Follow these rules for index design:
1. Index columns used in WHERE, JOIN ON, and ORDER BY clauses
2. Put equality conditions first, then range conditions in composite indexes
3. Consider covering indexes that include SELECT columns to avoid table lookups
4. Do not create indexes on low-cardinality columns (e.g., boolean flags) alone
5. Remove unused or duplicate indexes

```sql
-- Composite index for: WHERE status = 'active' AND created_at > '2024-01-01' ORDER BY name
CREATE INDEX idx_users_status_created_name
ON users (status, created_at, name);
```

### Step 5: Report the results

Present:
1. The original query with identified problems
2. The optimized query
3. Index recommendations with CREATE INDEX statements
4. Expected improvement (estimated from plan changes)

## Examples

### Example 1: Optimize a slow reporting query

**User request:** "This query takes 45 seconds on 2M rows, can you speed it up?"

**Original query:**
```sql
SELECT c.name, c.email,
       COUNT(*) AS order_count,
       SUM(o.total) AS total_spent
FROM customers c, orders o
WHERE c.id = o.customer_id
  AND YEAR(o.created_at) = 2024
  AND o.status IN ('completed', 'shipped')
GROUP BY c.name, c.email
HAVING SUM(o.total) > 500
ORDER BY total_spent DESC;
```

**Problems identified:**
1. Implicit join syntax (old-style comma join)
2. `YEAR()` function prevents index use on `created_at`
3. No index on `(customer_id, status, created_at)`
4. GROUP BY on non-indexed columns

**Optimized query:**
```sql
SELECT c.name, c.email,
       COUNT(*) AS order_count,
       SUM(o.total) AS total_spent
FROM customers c
JOIN orders o ON c.id = o.customer_id
WHERE o.created_at >= '2024-01-01'
  AND o.created_at < '2025-01-01'
  AND o.status IN ('completed', 'shipped')
GROUP BY c.id, c.name, c.email
HAVING SUM(o.total) > 500
ORDER BY total_spent DESC;
```

**Index recommendations:**
```sql
CREATE INDEX idx_orders_customer_status_date
ON orders (customer_id, status, created_at);
```

**Expected result:** ~45s down to ~0.5s with the index.

### Example 2: Fix N+1 in an ORM

**User request:** "My Django view is slow, the debug toolbar shows 200+ queries"

**Problem:** ORM fetching related objects lazily in a loop.

**Fix:**
```python
# Before: N+1 queries
orders = Order.objects.filter(status="pending")
for order in orders:
    print(order.customer.name)  # Each access = 1 query

# After: 2 queries total
orders = Order.objects.filter(status="pending").select_related("customer")
for order in orders:
    print(order.customer.name)  # Already loaded
```

## Guidelines

- Always check the execution plan before and after optimization.
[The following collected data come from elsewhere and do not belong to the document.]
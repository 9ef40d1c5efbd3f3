-- ===== src/Simulation/Pipeline.antt =====
-- NtelSpoofKext/src/NtelSimulation.c: `test_e2e_pipeline` and `test_translation_output`, on an engine
-- (whose ring is the one of the environment) and the count of failures.
pub mod Message
pub mod Pass
use n_igpu_macos.Common.{
  ℕ, ◌+◌, ◌&&◌, Bool, true, false, not, Option, none, some, List, [], ◌∷◌, if◌then◌else◌, leb, u32,
  Exec, done, ◌>>=◌,
}
use n_igpu_macos.SharedRing.{ReadOutcome, try_read}
use n_igpu_macos.Engine.Cache.{TranslationEngine}
use n_igpu_macos.Engine.Command.{Environment}
use n_igpu_macos.Simulation.{drain_ring}
use n_igpu_macos.Simulation.Bleed.{command}
use n_igpu_macos.Simulation.Caching.{engine_tests}

-- A move, a float addition and a float multiplication.
abbrev pub alu_shader : List ℕ
alu_shader = 0x00 ∷ 0x10 ∷ 0x20 ∷ 0x03 ∷ 0x30 ∷ 0x40 ∷ 0x50 ∷ 0x04 ∷ 0x60 ∷ 0x70 ∷ 0x80 ∷ []

unfoldable pub test_e2e_pipeline :
    Environment → TranslationEngine → (failures : ℕ) → Exec (TranslationEngine × ℕ)
unfolding command
test_e2e_pipeline env e failures = do
  (e', engine_res) ← command env e alu_shader
  done (e', if engine_res then failures else u32 (failures + 1))

abbrev pub air_mov : List ℕ
air_mov = 0 ∷ 1 ∷ 2 ∷ []

-- The count of failures after the read.
abbrev pub judged : ReadOutcome → (failures : ℕ) → ℕ
judged outcome failures = elim outcome.bytes_read [
  | none ↦ failures
  | some bytes_read ↦
      if outcome.read && not (leb (32 + 16) bytes_read) then u32 (failures + 1) else failures
]

-- A block that `drain_ring` reads into, what its count holds before, and the fuel of its loop.
pub record Drain : Type 0 where
  pub fuel : ℕ
  pub block : List ℕ
  pub drained : ℕ

-- `drain_ring(env->ring)`
unfoldable pub drain_engine : Drain → TranslationEngine → Exec (Option TranslationEngine)
drain_engine d e = do
  emptied ← drain_ring d.fuel e.ring (some d.block) (some d.drained)
  elim emptied [ none ↦ done none | some ring ↦ done (some (record e { ring = ring })) ]

-- `read_buf` is the block that is read into.
unfoldable pub test_translation_output :
    Drain
    → (read_buf : List ℕ) → Environment
    → TranslationEngine
    → (failures : ℕ) → Exec (Option (TranslationEngine × ℕ))
unfolding command drain_engine
test_translation_output d read_buf env e failures = do
  emptied ← drain_engine d e
  elim emptied [
    | none ↦ done none
    | some e1 ↦ do
      (e2, result) ← command env e1 air_mov
      elim result [
        | false ↦ done (some (e2, u32 (failures + 1)))
        | true ↦ do
          outcome ← try_read e2.ring (some read_buf) 64 (some 0)
          last ← drain_engine d (record e2 { ring = outcome.ctx })
          elim last [ none ↦ done none | some e3 ↦ done (some (e3, judged outcome failures)) ]
      ]
  ]

-- The five tests of the engine in the order of `ntel_sim_run`, without the stress tests that a run may
-- have between the third and the fourth.
unfoldable pub engine_suite :
    Drain
    → (read_buf : List ℕ)
    → (env_a env_b env_c env_d env_e env_f : Environment) (alloc_b alloc_c alloc_c' alloc_d : Bool)
    → TranslationEngine
    → (failures : ℕ) → Exec (Option (TranslationEngine × ℕ))
unfolding engine_tests test_e2e_pipeline test_translation_output
engine_suite d read_buf env_a env_b env_c env_d env_e env_f alloc_b alloc_c alloc_c' alloc_d e
      failures =
    do
      (tested, failures1) ←
          engine_tests env_a env_b env_c env_d alloc_b alloc_c alloc_c' alloc_d e failures
      (piped, failures2) ← test_e2e_pipeline env_e tested failures1
      test_translation_output d read_buf env_f piped failures2
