-- ===== src/Simulation/Pipeline/Message.antt =====
-- `test_e2e_pipeline` and `test_translation_output` pass on a ready engine.
use n_igpu_macos.Common.{
  ℕ, ◌+◌, ◌≤◌, ◌<◌, ◌≡◌, ◌∙◌, refl, ap, true, Option, some, List, [], ◌∷◌, leb, min, length,
  length-append, length-drop, IsBytes, done, arith,
}
use n_igpu_macos.SharedRing.{RingContext, ReadOutcome, try_read}
use n_igpu_macos.SharedRing.View.{OpenRing, context, IsValid, contents}
use n_igpu_macos.SharedRing.Read.{try_read_gives}
use n_igpu_macos.Engine.Translate.{idd_header}
use n_igpu_macos.Engine.Translate.Assemble.{
  assemble, program_bytes, assemble-cons, length-program_bytes,
}
use n_igpu_macos.Engine.Cache.{TranslationEngine}
use n_igpu_macos.Engine.Command.{Environment}
use n_igpu_macos.Engine.Command.Ready.{output, IsReady}
use n_igpu_macos.Simulation.{drain_ring_empties}
use n_igpu_macos.Simulation.Sending.{command-IsServed}
use n_igpu_macos.Simulation.Bleed.{command}
use n_igpu_macos.Simulation.Pipeline.{
  alu_shader, test_e2e_pipeline, air_mov, judged, Drain, drain_engine, test_translation_output,
}

alu_shader-IsBytes : IsBytes alu_shader
alu_shader-IsBytes = (
  omega arith,
  (
    omega arith,
    (
      omega arith,
      (
        omega arith,
        (
          omega arith,
          (
            omega arith,
            (omega arith, (omega arith, (omega arith, (omega arith, (omega arith, tt))))),
          ),
        ),
      ),
    ),
  ),
)

air_mov-IsBytes : IsBytes air_mov
air_mov-IsBytes = (omega arith, (omega arith, (omega arith, tt)))

-- A packet that is not empty has an instruction.
output_has_one : (p : List ℕ) → 0 < length p → 48 ≤ length (output p)
output_has_one [] some_bytes = absurd (omega arith)
output_has_one (op ∷ rest) some_bytes = omega (
  arith,
  length-append idd_header (program_bytes (assemble (op ∷ rest))),
  length-program_bytes (assemble (op ∷ rest)),
  ap length (assemble-cons op rest),
)

with_ring-IsReady :
    (e : TranslationEngine) (s s' : OpenRing)
    → IsReady e s
    → IsValid s'
    → IsReady (record e { ring = some (context s') }) s'
with_ring-IsReady e s s' r v = record {
  on_ring = refl;
  ring_valid = v;
  sane = r.sane;
  outputs = r.outputs;
}

pub drains :
    (d : Drain) (e : TranslationEngine) (s : OpenRing)
    → IsReady e s
    → 256 ≤ length d.block
    → length (contents s) < d.fuel
    → (s' : OpenRing) × (drain_engine d e ≡ done (some (record e { ring = some (context s') })))
      × IsReady (record e { ring = some (context s') }) s'
      × (s'.capacity ≡ s.capacity)
      × (contents s' ≡ [])
unfolding drain_engine
drains d e s ready room enough =
    let (s', ends, v, same, empty) =
      drain_ring_empties d.fuel s d.block d.drained ready.ring_valid room enough in
    (s', rw (ready.on_ring, ends) refl, with_ring-IsReady e s s' ready v, same, empty)

pub e2e_passes :
    (env : Environment) (e : TranslationEngine) (s : OpenRing) (failures : ℕ)
    → IsReady e s
    → e.active_pid ≡ env.pid
    → env.translate_alloc ≡ true
    → env.store_alloc ≡ true
    → length (contents s) + 208 < s.capacity
    → (after : TranslationEngine) × (ring : OpenRing) × (test_e2e_pipeline env e failures
        ≡ done (after, failures))
      × IsReady after ring
      × (after.active_pid ≡ env.pid)
      × (ring.capacity ≡ s.capacity)
      × (length (contents ring) ≤ length (contents s) + 208)
unfolding test_e2e_pipeline
e2e_passes env e s failures ready pid ok store_ok room =
    let (v, sent, _, _, size) =
      command-IsServed env e s alu_shader ready pid ok store_ok (omega arith) (omega arith)
        alu_shader-IsBytes (omega arith) in
    (v.after, v.ring, rw sent refl, v.ready, v.pid, v.same_capacity, size)

judged_well :
    (ring : Option RingContext) (out : Option (List ℕ)) (n failures : ℕ)
    → 48 ≤ n
    → judged (record { ctx = ring; out_data = out; bytes_read = some n; read = true }) failures
      ≡ failures
judged_well ring out n failures large =
    let enough : leb 48 n ≡ true = ground arith in rw enough refl

-- A read of up to 64 bytes, when the ring holds a message with an instruction.
reads_message :
    (e : TranslationEngine) (s : OpenRing) (read_buf : List ℕ) (failures : ℕ)
    → IsReady e s
    → 64 ≤ length read_buf
    → 48 ≤ length (contents s)
    → (outcome : ReadOutcome) × (s' : OpenRing) × (try_read e.ring (some read_buf) 64 (some 0)
        ≡ done outcome)
      × (outcome.ctx ≡ some (context s'))
      × IsValid s'
      × (length (contents s') ≤ length (contents s))
      × (judged outcome failures ≡ failures)
reads_message e s read_buf failures ready buf large =
    let n = min (length (contents s)) 64 in
    let (s', out, got, _, _, valid, _, left) =
      try_read_gives read_buf 64 0 ready.ring_valid (omega arith) buf (omega arith) in
    (
      _,
      s',
      ap (λ r. try_read r (some read_buf) 64 (some 0)) ready.on_ring ∙ got,
      refl,
      valid,
      omega (arith, ap length left, length-drop {0} n (contents s)),
      judged_well (some (context s')) (some out) n failures (omega arith),
    )

-- The run, from what its calls return.
translation_runs :
    (d : Drain) (read_buf : List ℕ) (env : Environment) (e e1 e2 e3 : TranslationEngine)
    (outcome : ReadOutcome) (failures : ℕ)
    → drain_engine d e ≡ done (some e1)
    → command env e1 air_mov ≡ done (e2, true)
    → try_read e2.ring (some read_buf) 64 (some 0) ≡ done outcome
    → judged outcome failures ≡ failures
    → drain_engine d (record e2 { ring = outcome.ctx }) ≡ done (some e3)
    → test_translation_output d read_buf env e failures ≡ done (some (e3, failures))
unfolding test_translation_output
translation_runs d read_buf env e e1 e2 e3 outcome failures first sent got well last =
    rw (first, sent, got, last, well) refl

pub translation_passes :
    (d : Drain) (read_buf : List ℕ) (env : Environment) (e : TranslationEngine) (s : OpenRing)
    (failures : ℕ)
    → IsReady e s
    → e.active_pid ≡ env.pid
    → env.translate_alloc ≡ true
    → env.store_alloc ≡ true
    → 256 ≤ length d.block
    → 64 ≤ length read_buf
    → length (contents s) < d.fuel
    → 80 < d.fuel
    → 80 < s.capacity
    → (after : TranslationEngine) × (ring : OpenRing) × (test_translation_output d read_buf env e
          failures
        ≡ done (some (after, failures)))
      × IsReady after ring
      × (contents ring ≡ [])
translation_passes d read_buf env e s failures ready pid ok store_ok room buf enough fuel fits =
    let (s1, first, ready1, same, empty) = drains d e s ready room enough in
    let e1 : TranslationEngine = record e { ring = some (context s1) } in
    let (v, sent, holds, three, size) =
      command-IsServed env e1 s1 air_mov ready1 pid ok store_ok (omega arith) (omega arith)
        air_mov-IsBytes (omega (arith, ap length empty)) in
    let long = output_has_one v.packet (omega (arith, three)) in
    let total : length (contents v.ring) ≡ length (contents s1) + length (output v.packet) =
      ap length holds ∙ length-append (contents s1) (output v.packet) in
    let (outcome, s2, got, ring, v2, fewer, well) =
      reads_message v.after v.ring read_buf failures v.ready buf (omega arith) in
    let (s3, last, ready3, _, gone) =
      drains d (record v.after { ring = some (context s2) }) s2
        (with_ring-IsReady v.after v.ring s2 v.ready v2) room
        (omega (arith, fewer, size, ap length empty)) in
    (
      _,
      s3,
      translation_runs d read_buf env e e1 v.after _ outcome failures first sent got well
          (ap (λ r. drain_engine d (record v.after { ring = r })) ring ∙ last),
      ready3,
      gone,
    )
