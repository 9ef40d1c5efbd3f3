-- ===== src/Simulation/Pipeline/Pass.antt =====
-- The tests of the engine pass, in the order of the suite.
use n_igpu_macos.Common.{
  ℕ, ◌+◌, ◌≤◌, ◌<◌, ◌^◌, ◌≡◌, ◌∙◌, refl, Bool, true, some, List, [], length, done, arith,
}
use n_igpu_macos.SharedRing.View.{OpenRing, contents}
use n_igpu_macos.Engine.Cache.{TranslationEngine}
use n_igpu_macos.Engine.Command.{Environment}
use n_igpu_macos.Engine.Command.Ready.{IsReady}
use n_igpu_macos.Simulation.Pipeline.{
  test_e2e_pipeline, Drain, test_translation_output, engine_suite,
}
use n_igpu_macos.Simulation.Caching.{engine_tests}
use n_igpu_macos.Simulation.Caching.Pass.{engine_tests_pass}
use n_igpu_macos.Simulation.Pipeline.Message.{e2e_passes, translation_passes}

-- The run, from what its parts return.
suite_runs :
    (d : Drain) (read_buf : List ℕ) (env_a env_b env_c env_d env_e env_f : Environment)
    (alloc_b alloc_c alloc_d : Bool) (e e1 e3 e4 : TranslationEngine) (failures : ℕ)
    → engine_tests env_a env_b env_c env_d alloc_b alloc_c true alloc_d e failures
      ≡ done (e1, failures)
    → test_e2e_pipeline env_e e1 failures ≡ done (e3, failures)
    → test_translation_output d read_buf env_f e3 failures ≡ done (some (e4, failures))
    → engine_suite d read_buf env_a env_b env_c env_d env_e env_f alloc_b alloc_c true alloc_d e
        failures
      ≡ done (some (e4, failures))
unfolding engine_suite
suite_runs d read_buf env_a env_b env_c env_d env_e env_f alloc_b alloc_c alloc_d e e1 e3 e4
      failures tested piped translated =
    rw (tested, piped, translated) refl

-- With a ready engine on a ring of more than 656 bytes more than it holds, in one process with a number
-- that is not 0 and stays one behind 9999 more, with translations that can be allocated, and entries
-- too from the third command on, and a copy for the second lookup of `test_shader_cache`, and with
-- blocks of at least 256 and 64 bytes to read into and fuel for the ring: the five tests of the
-- engine, one after the other, end and record no failure, whether or not the other lookups can allocate, and leave a
-- ready engine on an empty ring.
pub engine_suite_passes :
    (d : Drain) (read_buf : List ℕ) (env_a env_b env_c env_d env_e env_f : Environment)
    (alloc_b alloc_c alloc_d : Bool) (e : TranslationEngine) (s : OpenRing) (failures : ℕ)
    → IsReady e s
    → (env_a.translate_alloc ≡ true) × (env_b.translate_alloc ≡ true)
    → (env_c.translate_alloc ≡ true) × (env_c.store_alloc ≡ true)
    → (env_d.translate_alloc ≡ true) × (env_d.store_alloc ≡ true)
    → (env_e.translate_alloc ≡ true) × (env_e.store_alloc ≡ true)
    → (env_f.translate_alloc ≡ true) × (env_f.store_alloc ≡ true)
    → (env_a.pid ≡ env_b.pid)
      × (env_b.pid ≡ env_c.pid)
      × (env_c.pid ≡ env_d.pid)
      × (env_d.pid ≡ env_e.pid)
      × (env_e.pid ≡ env_f.pid)
    → 0 < env_a.pid
    → env_a.pid + 9999 < 2 ^ 32
    → length (contents s) + 656 < s.capacity
    → 256 ≤ length d.block
    → 64 ≤ length read_buf
    → s.capacity < d.fuel
    → (after : TranslationEngine) × (ring : OpenRing) × (engine_suite d read_buf env_a env_b env_c
          env_d env_e env_f alloc_b alloc_c true alloc_d e failures
        ≡ done (some (after, failures)))
      × IsReady after ring
      × (contents ring ≡ [])
engine_suite_passes d read_buf env_a env_b env_c env_d env_e env_f alloc_b alloc_c alloc_d e s
      failures ready ab_ok c_ok d_ok (ok_e, store_e) (ok_f, store_f) (ab, bc, cd, de, ef) used small
      space room buf fuel =
    let (e1, s1, tested, ready1, pid, same, size1) =
      engine_tests_pass env_a env_b env_c env_d alloc_b alloc_c alloc_d e s failures ready ab_ok
        c_ok d_ok (ab, bc, cd) used small (omega arith) in
    let (e3, s3, piped, ready3, pid3, same', size3) =
      e2e_passes env_e e1 s1 failures ready1 (pid ∙ de) ok_e store_e (omega arith) in
    let (after, ring, translated, ready4, gone) =
      translation_passes d read_buf env_f e3 s3 failures ready3 (pid3 ∙ ef) ok_f store_f room buf
        (omega arith) (omega arith) (omega arith) in
    (
      after,
      ring,
      suite_runs d read_buf env_a env_b env_c env_d env_e env_f alloc_b alloc_c alloc_d e e1 e3
          after failures tested piped translated,
      ready4,
      gone,
    )
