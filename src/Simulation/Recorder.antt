-- ===== src/Simulation/Recorder.antt =====
-- NtelSpoofKext/src/NtelSimulation.c: `test_debug_ring_drain`, on the flight recorder of the process and
-- the count of failures. NTEL_DEBUG, which the build sets, and the clock are arguments.
use n_igpu_macos.Common.{
  ℕ, zero, suc, ◌+◌, ◌*◌, ◌≡◌, ◌∙◌, refl, ap, sym, inl, inr, Bool, true, false, not, none, some,
  if◌then◌else◌, leb, ◌==◌, Bool-cases, length, u32, arith,
}
use n_igpu_macos.DebugRing.{
  Event, DebugRing, zero_record, init, append, snapshot, read_from, read, reset,
}

-- NTEL_LOG_SPARSE
abbrev pub log_sparse : (ntel_debug : ℕ) → Event → DebugRing → DebugRing
log_sparse ntel_debug event ring = if leb 1 ntel_debug then append ring event else ring

-- The event of round `i`: NTEL_COMP_ENGINE and NTEL_EVT_SCORCH_PASS, with its numbers.
abbrev pub scorch_event : (now i : ℕ) → Event
scorch_event now i = record {
  timestamp = now;
  component = 4;
  event_id = 1002;
  read_idx = i;
  write_idx = i * 2;
  fence_value = i;
  active_pid = 0;
  last_error = 0;
}

-- The loop of the test, from round `i` on.
unfoldable pub log_rounds : (left i ntel_debug : ℕ) → (now : ℕ → ℕ) → DebugRing → DebugRing
log_rounds zero i ntel_debug now ring = ring
log_rounds (suc left) i ntel_debug now ring =
    log_rounds left (i + 1) ntel_debug now (log_sparse ntel_debug (scorch_event (now i) i) ring)

-- The rest of the test, once the ten rounds are over.
unfoldable pub check_ten : DebugRing → (failures : ℕ) → DebugRing × ℕ
check_ten ring failures =
    if not (snapshot (some ring) == 10)
    then (ring, u32 (failures + 1))
    else if not (length (read (some ring) true 0 16) == 10)
    then (ring, u32 (failures + 1))
    else elim (reset (some ring)) [ none ↦ (ring, failures) | some ring' ↦ (ring', failures) ]

unfoldable pub test_debug_ring_drain :
    (ntel_debug : ℕ) → (now : ℕ → ℕ) → DebugRing → (failures : ℕ) → DebugRing × ℕ
unfolding log_rounds check_ten
test_debug_ring_drain ntel_debug now ring failures = elim (init (some ring)) [
  | none ↦ (ring, failures)
  | some fresh ↦ check_ten (log_rounds 10 0 ntel_debug now fresh) failures
]

abbrev cleared : DebugRing
cleared = record { write_index = 0; records = λ i. zero_record }

-- A build that logs does so as one at level 1 does.
log_rounds-level :
    (left i ntel_debug : ℕ) (now : ℕ → ℕ) (ring : DebugRing)
    → leb 1 ntel_debug ≡ true
    → log_rounds left i ntel_debug now ring ≡ log_rounds left i 1 now ring
unfolding log_rounds
log_rounds-level zero i ntel_debug now ring logs = refl
log_rounds-level (suc left) i ntel_debug now ring logs =
    rw logs
      (log_rounds-level left (i + 1) ntel_debug now (append ring (scorch_event (now i) i)) logs)

-- The ten records are counted and read.
level_1_passes :
    (now : ℕ → ℕ) (failures : ℕ)
    → check_ten (log_rounds 10 0 1 now cleared) failures ≡ (cleared, failures)
unfolding log_rounds check_ten append snapshot read read_from reset
level_1_passes now failures = refl

-- The test leaves a ring with no record. In a build with NTEL_DEBUG at 0, which is the default of the
-- Makefile and of the header, it records a failure, whatever the clock says; with NTEL_DEBUG at 1 or
-- more it records none.
pub debug_ring_drain_verdict :
    (ntel_debug : ℕ) (now : ℕ → ℕ) (ring : DebugRing) (failures : ℕ)
    → (after : DebugRing) × (test_debug_ring_drain ntel_debug now ring failures
        ≡ (after, if ntel_debug == 0 then u32 (failures + 1) else failures))
      × (snapshot (some after) ≡ 0)
unfolding test_debug_ring_drain init snapshot
debug_ring_drain_verdict ntel_debug now ring failures = elim (Bool-cases (leb 1 ntel_debug)) [
  | inl logs ↦
      let on : (ntel_debug == 0) ≡ false = ground arith in
      (
        cleared,
        ap (λ r. check_ten r failures) (log_rounds-level 10 0 ntel_debug now cleared logs)
            ∙ level_1_passes now failures
            ∙ ap (λ (b : Bool). (cleared, if b then u32 (failures + 1) else failures)) (sym on),
        refl,
      )
  | inr silent ↦
      let off : (ntel_debug == 0) ≡ true = ground arith in (cleared, rw (silent, off) refl, refl)
]
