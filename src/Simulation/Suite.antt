-- ===== src/Simulation/Suite.antt =====
-- NtelSpoofKext/src/NtelSimulation.c: the tests of the shared ring in the regression suite, on the
-- context of the ring and the count of failures. What a local variable holds before it is
-- written is an argument; what the tests print is left out.
pub mod Pass
pub mod Tearing
pub mod Whole
use n_igpu_macos.Common.{
  ℕ, zero, suc, ◌+◌, Bool, true, false, not, Option, none, some, List, [], ◌∷◌, if◌then◌else◌, ◌==◌,
  ◌&&◌, ◌||◌, ◌*◌, leb, u32, sub32, take, replicate, Exec, done, fault, ◌>>=◌,
}
use n_igpu_macos.SharedRing.{SharedRingHeader, RingContext, ReadOutcome, try_write, try_read}
use n_igpu_macos.Engine.Mask.{calculate_predicate_mask}
use n_igpu_macos.Simulation.{drain_ring}

-- The part of `NtelSimulationEnvironment` that these tests use.
pub record SimulationEnvironment : Type 0 where
  pub ring : Option RingContext
  pub frame_count : ℕ
  pub test_failures : ℕ
  pub watchdog_triggered : Bool

abbrev pub record_test_failure : SimulationEnvironment → SimulationEnvironment
record_test_failure env = record env { test_failures = u32 (env.test_failures + 1) }

-- `memcmp(xs, ys, n) == 0` for two blocks of `n` bytes
abbrev pub same_bytes : List ℕ → List ℕ → Bool
same_bytes [] [] = true
same_bytes [] (y ∷ ys) = false
same_bytes (x ∷ xs) [] = false
same_bytes (x ∷ xs) (y ∷ ys) = x == y && same_bytes xs ys

-- Whether the byte read is one of those written.
unfoldable pub is_torn : Option (List ℕ) → Bool
is_torn (some (read_val ∷ rest)) = not (read_val == 0xaa) && not (read_val == 0xbb)
is_torn _ = true

-- The loop of `test_cache_line_tearing`, with `left` rounds to go.
unfoldable pub test_cache_line_tearing :
    (left read_val read_bytes : ℕ) → SimulationEnvironment → Exec SimulationEnvironment
test_cache_line_tearing zero read_val read_bytes env = done env
test_cache_line_tearing (suc left) read_val read_bytes env = do
  (ring1, _) ← try_write env.ring (some (0xaa ∷ [])) 1
  (ring2, _) ← try_write ring1 (some (0xbb ∷ [])) 1
  outcome ← try_read ring2 (some (read_val ∷ [])) 1 (some read_bytes)
  let env' = record env { ring = outcome.ctx }
  let rest = test_cache_line_tearing left read_val read_bytes env'
  if is_torn outcome.out_data then done (record_test_failure env') else rest

unfoldable pub test_simd_remainder_occupancy : SimulationEnvironment → SimulationEnvironment
test_simd_remainder_occupancy env =
    if calculate_predicate_mask 273 32 == 0x1ffff then env else record_test_failure env

unfoldable pub test_asynchronous_watchdog : SimulationEnvironment → SimulationEnvironment
test_asynchronous_watchdog env =
    let env' = record env { frame_count = 120 } in
    if leb 120 env'.frame_count then record env' { watchdog_triggered = true } else env'

-- Both indices are set to `capacity_bytes - 4`.
abbrev pub near_end : RingContext → Exec RingContext
near_end ctx = elim ctx.header [
  | none ↦ fault
  | some h ↦
      let at = sub32 ctx.capacity_bytes 4 in
      done (record ctx { header = some (record h { write_idx = at; read_idx = at }) })
]

-- The bytes of `0xDEADBEEF, 0xCAFEBABE`
abbrev pub payload : List ℕ
payload = 0xef ∷ 0xbe ∷ 0xad ∷ 0xde ∷ 0xbe ∷ 0xba ∷ 0xfe ∷ 0xca ∷ []

-- `rb == 8 && memcmp(read_back, payload, 8) == 0`
abbrev pub is_read_back : ReadOutcome → Bool
is_read_back outcome = elim outcome.bytes_read [
  | none ↦ false
  | some rb ↦ rb == 8 && elim outcome.out_data [
    | none ↦ false
    | some read_back ↦ same_bytes (take 8 read_back) payload
  ]
]

unfoldable pub test_ring_wraparound :
    (read_back : List ℕ) (rb : ℕ) → SimulationEnvironment → Exec SimulationEnvironment
test_ring_wraparound read_back rb env = elim env.ring [
  | none ↦ fault
  | some ctx ↦ do
    ctx' ← near_end ctx
    (ring1, _) ← try_write (some ctx') (some payload) 8
    outcome ← try_read ring1 (some read_back) 8 (some rb)
    let env' = record env { ring = outcome.ctx }
    done (if is_read_back outcome then env' else record_test_failure env')
]

unfoldable pub test_monkey_brain_fuzzer : SimulationEnvironment → Exec SimulationEnvironment
test_monkey_brain_fuzzer env = elim env.ring [
  | none ↦ fault
  | some ctx ↦ do
    (ring1, res) ← try_write (some ctx) (some (replicate 4 0xff)) (u32 (ctx.capacity_bytes + 1))
    let env' = record env { ring = ring1 }
    done (if not res then env' else record_test_failure env')
]

-- The eight threads of `test_thread_riot` write the same four bytes, 1000 times each, and each write
-- is one step under the lock: in every interleaving, `left` such writes are to come.
unfoldable pub thread_writers : (left : ℕ) → Option RingContext → Exec (Option RingContext)
thread_writers zero ring = done ring
thread_writers (suc left) ring = do
  (ring', _) ← try_write ring (some (0x78 ∷ 0x56 ∷ 0x34 ∷ 0x12 ∷ [])) 4
  thread_writers left ring'

-- `drain` and `drained` are the local variables of `drain_ring`.
unfoldable pub test_thread_riot :
    (fuel : ℕ) (drain : List ℕ) (drained : ℕ)
    → SimulationEnvironment
    → Exec (Option SimulationEnvironment)
unfolding thread_writers drain_ring
test_thread_riot fuel drain drained env = do
  ring ← thread_writers (8 * 1000) env.ring
  emptied ← drain_ring fuel ring (some drain) (some drained)
  elim emptied [ none ↦ done none | some ring' ↦ done (some (record env { ring = ring' })) ]

-- `while (ntel_ring_try_write(env->ring, &dummy, 1))`; `none` is a loop that the fuel does not finish.
unfoldable pub fill_ring : (fuel : ℕ) → Option RingContext → Exec (Option (Option RingContext))
fill_ring zero ring = done none
fill_ring (suc fuel) ring = do
  (ring', wrote) ← try_write ring (some (0 ∷ [])) 1
  elim wrote [ false ↦ done (some ring') | true ↦ fill_ring fuel ring' ]

unfoldable pub test_chokehold :
    (fuel : ℕ) (drain : List ℕ) (drained : ℕ)
    → SimulationEnvironment
    → Exec (Option SimulationEnvironment)
unfolding fill_ring drain_ring
test_chokehold fuel drain drained env = do
  filled ← fill_ring fuel env.ring
  elim filled [
    | none ↦ done none
    | some ring ↦ do
      (ring', res) ← try_write ring (some (0 ∷ [])) 1
      emptied ← drain_ring fuel ring' (some drain) (some drained)
      elim emptied [
        | none ↦ done none
        | some ring'' ↦
            let env' = record env { ring = ring'' } in
            done (some (if not res then env' else record_test_failure env'))
      ]
  ]

-- The local variables of the tests before they are written.
pub record Locals : Type 0 where
  pub read_val : ℕ
  pub read_bytes : ℕ
  pub read_back : List ℕ
  pub rb : ℕ
  pub drain : List ℕ
  pub drained : ℕ

-- The tests that `ntel_sim_run` starts with.
unfoldable pub ring_tests :
    (fuel : ℕ) → Locals → SimulationEnvironment → Exec (Option SimulationEnvironment)
unfolding test_cache_line_tearing test_ring_wraparound test_monkey_brain_fuzzer test_thread_riot
    test_chokehold
ring_tests fuel l env = do
  torn ← test_cache_line_tearing 1000 l.read_val l.read_bytes env
  let watched = test_asynchronous_watchdog (test_simd_remainder_occupancy torn)
  wrapped ← test_ring_wraparound l.read_back l.rb watched
  fuzzed ← test_monkey_brain_fuzzer wrapped
  riot ← test_thread_riot fuel l.drain l.drained fuzzed
  elim riot [ none ↦ done none | some calm ↦ test_chokehold fuel l.drain l.drained calm ]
Do not guess at performance.
- Index recommendations must consider write overhead. Tables with heavy INSERT/UPDATE may not benefit from many indexes.
- Composite index column order matters. Put equality columns first, then range columns, then sort columns.
- For PostgreSQL, use `EXPLAIN (ANALYZE, BUFFERS, FORMAT TEXT)` for the most useful plan output.
- Do not blindly add indexes to every column in a WHERE clause. Analyze query patterns first.
- When rewriting queries, verify that the optimized version returns the same results as the original.
- For MySQL, be aware of the optimizer's single-index-per-table limitation in older versions. Use composite indexes.
- If a query cannot be optimized further, suggest materialized views or caching as alternatives.
- Always present the original and optimized queries side by side for easy comparison.